A outra chave para o sucesso do negócio, segundo Fabiano, é manter o uniforme laranja na linha. "A maresia acaba com ele em no máximo dois verões. E você percebe que quando o uniforme está laranjinha, novinho, o pessoal confia mais. Sem o uniforme, a gente não é nada."

Todos os vendedores de mate de galão na praia usam o logo da Matte Leão na roupa laranja que caracteriza a marca. No entanto, não há vínculo qualquer deles com a marca, que hoje pertence à Coca-Cola.

"Antes, a gente comprava três caixinhas de copinho e ganhava um uniforme da Matte. Mas depois que a Coca-Cola comprou a Matte Leão, ela já não fornece o uniforme pra gente. A gente tem que se virar. Tem gente que manda fazer, e agora como expandiu muito (o negócio), tem gente que faz o uniforme pra vender."

Segundo a Coca-Cola, "os vendedores ambulantes de mate exercem suas atividades de maneira totalmente independente. Eles trabalham de forma autônoma, sem qualquer vínculo com a marca Leão. Não temos conhecimento sobre qual a procedência do produto (o mate em galão) ou a maneira como é preparado".

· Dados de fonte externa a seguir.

-- ===== src/Clients/Notices.antt =====
-- ClientManager: the messages that tell of one connection.
use Prim.Native.String.{◌++◌ as append_text}
use quick_desk.Base.{
  List, get_elem?, ℕ, pos, negsuc, nat_eqb, ℤ, Bool, true, false, String, Option, none, some,
  is_empty, str_eq, if◌then◌else◌, string_eq,
}
use quick_desk.Base.Dict.{has_key}
use quick_desk.Frames.Manager.{attach, is_attached}
use quick_desk.Clients.State.{
  FileEvent, file_event_happened, Display, display_list_changed, video_layout_changed, RtcStatus,
  rtc_disconnected, rtc_connecting, rtc_connected, rtc_failed, Capabilities,
  connection_list_changed, error_occurred, signaling_state_changed, video_frame_ready,
  host_capabilities_changed, ClientManager, Settings, emit, find_device_id,
}
use quick_desk.Clients.Lifecycle.{
  write_at, set_signaling, set_size, set_name, set_supports, set_rtc, tell_state, change_state,
  detach_memory, drop_connection,
}

-- The handlers run for the device that the message's connection belongs to.
abbrev pub for_device :
    String → (String → ClientManager → ClientManager) → ClientManager → ClientManager
for_device id act m = if is_empty (find_device_id id m) then m else act (find_device_id id m) m

unfoldable pub handle_signaling_state_changed :
    String → ℤ → ℤ → String → String → ClientManager → ClientManager
handle_signaling_state_changed state retry next error device m =
    emit (signaling_state_changed device state retry next error)
      (write_at device (set_signaling state retry next error) m)

-- The state that a text names, if any.
abbrev pub rtc_of : String → Option RtcStatus
rtc_of text =
    if str_eq text "connecting"
    then some rtc_connecting
    else if str_eq text "connected"
    then some rtc_connected
    else if str_eq text "disconnected"
    then some rtc_disconnected
    else if str_eq text "failed"
    then some rtc_failed
    else none

-- hostInfo: the size, where there is a resolution of two parts, and the device's name.
pub record HostInfo : Type 0 where
  pub size : Option (ℤ × ℤ)
  pub device_name : Option String

abbrev pub write_state : Option RtcStatus → String → ClientManager → ClientManager
write_state none device m = m
write_state (some st) device m = write_at device (set_rtc st) m

abbrev pub write_size : Option (ℤ × ℤ) → String → ClientManager → ClientManager
write_size none device m = m
write_size (some (w, h)) device m = write_at device (set_size w h) m

abbrev pub write_name : Option String → String → ClientManager → ClientManager
write_name none device m = m
write_name (some name) device m = write_at device (set_name name) m

unfoldable pub handle_connection_state_changed :
    String → HostInfo → String → ClientManager → ClientManager
handle_connection_state_changed text info device m = emit connection_list_changed (
    tell_state device text (
      write_name info.device_name device
        (write_size info.size device (write_state (rtc_of text) device m))))

unfoldable pub handle_host_connected : String → ClientManager → ClientManager
handle_host_connected device m =
    emit connection_list_changed (change_state rtc_connected "connected" device m)

unfoldable pub handle_host_disconnected : Settings → String → ClientManager → ClientManager
handle_host_disconnected s device m =
    drop_connection s device
      (detach_memory device (change_state rtc_disconnected "disconnected" device m))

unfoldable pub handle_connection_failed :
    Settings → String → String → String → ClientManager → ClientManager
handle_connection_failed s code text device m =
    drop_connection s device
      (emit (error_occurred device code text) (change_state rtc_failed "failed" device m))

abbrev pub is_code : ℤ → ℕ → Bool
is_code (pos n) i = nat_eqb n i
is_code (negsuc n) i = false

unfoldable pub failure_text : Settings → ℤ → String
failure_text s code =
    if is_code code 1
    then "Authentication failed"
    else if is_code code 2
    then "Channel error"
    else if is_code code 3
    then "Connection timeout"
    else if is_code code 4
    then "Network error"
    else append_text (append_text "Connection failed (error code: " (s.number_text code)) ")"

-- handleHostConnectionFailed, which ends the connection as handleConnectionFailed does.
abbrev pub handle_host_connection_failed : Settings → ℤ → String → ClientManager → ClientManager
handle_host_connection_failed s code device m =
    handle_connection_failed s "CONNECTION_FAILED" (failure_text s code) device m

unfoldable pub display_at : ℤ → List Display → Option Display
display_at (pos i) ds = get_elem? ds i
display_at (negsuc i) ds = none

-- handleDisplayListChanged: the older signal is for the active display, where the index names one.
unfoldable pub handle_display_list_changed :
    List Display → ℤ → String → ClientManager → ClientManager
handle_display_list_changed displays active device m =
    let told = emit (display_list_changed device displays active) m in
    elim (display_at active displays) [
      | none ↦ told
      | some d ↦ emit (video_layout_changed device d.width d.height) told
    ]

-- The handlers of the messages about one file, which pass the members on.
abbrev pub handle_file_event : FileEvent → String → ClientManager → ClientManager
handle_file_event event device m = emit (file_event_happened device event) m

unfoldable pub handle_host_capabilities : Capabilities → String → ClientManager → ClientManager
handle_host_capabilities supports device m =
    emit (host_capabilities_changed device supports)
      (if has_key device m.connections then write_at device (set_supports supports) m else m)

-- The first half of handleVideoFrameReady; `attaches` is the answer of QSharedMemory::attach.
unfoldable pub attach_memory : Bool → String → String → ClientManager → ClientManager × Bool
attach_memory attaches name device m = if is_attached device m.memory then (m, true) else (
  record m { memory = (attach attaches device name m.memory).0 },
  (attach attaches device name m.memory).1,
)

unfoldable pub show_frame : ℤ → ℤ → ℤ → String → ClientManager × Bool → ClientManager
show_frame index width height device (m, false) = m
show_frame index width height device (m, true) =
    emit (video_frame_ready device index)
      (if has_key device m.connections then write_at device (set_size width height) m else m)

unfoldable pub handle_video_frame_ready :
    Bool → ℤ → ℤ → ℤ → String → String → ClientManager → ClientManager
handle_video_frame_ready attaches index width height name device m =
    show_frame index width height device (attach_memory attaches name device m)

Há 14 anos na profissão, Fabiano não sabe por quanto tempo mais irá conseguir viver disso e toma remédio todos os dias para amenizar as dores musculares do peso carregado todos os dias. "Vou nisso até quando Deus me der forças". Ele diz que, apesar do sacrifício, do cansaço e do sol queimando a pele, pretende seguir na carreira e ter encontrado nela sua vocação.

"Já pensei em parar de vender mate quando chega aquela época ruim. Minha mãe é uma das que torce para que eu pare, porque é um trabalho cansativo. As pessoas falam que é cansativo e realmente é. Eu não vou ficar jovem pra toda vida. Uma hora cansa, meu galão é pesado. Mas nesse momento que eu estou, vou investir, para lá na frente ter retorno", afirmou.

"Nesses 14 anos, a minha vida mudou muito. Antes, eu trabalhava por trabalhar. Hoje eu amo a profissão que tenho. O mate me trouxe muitas coisas. Uma delas foi ficar mais responsável. Eu não tenho muitas coisas, mas o que tenho veio pelo trabalho do mate. É a minha vida."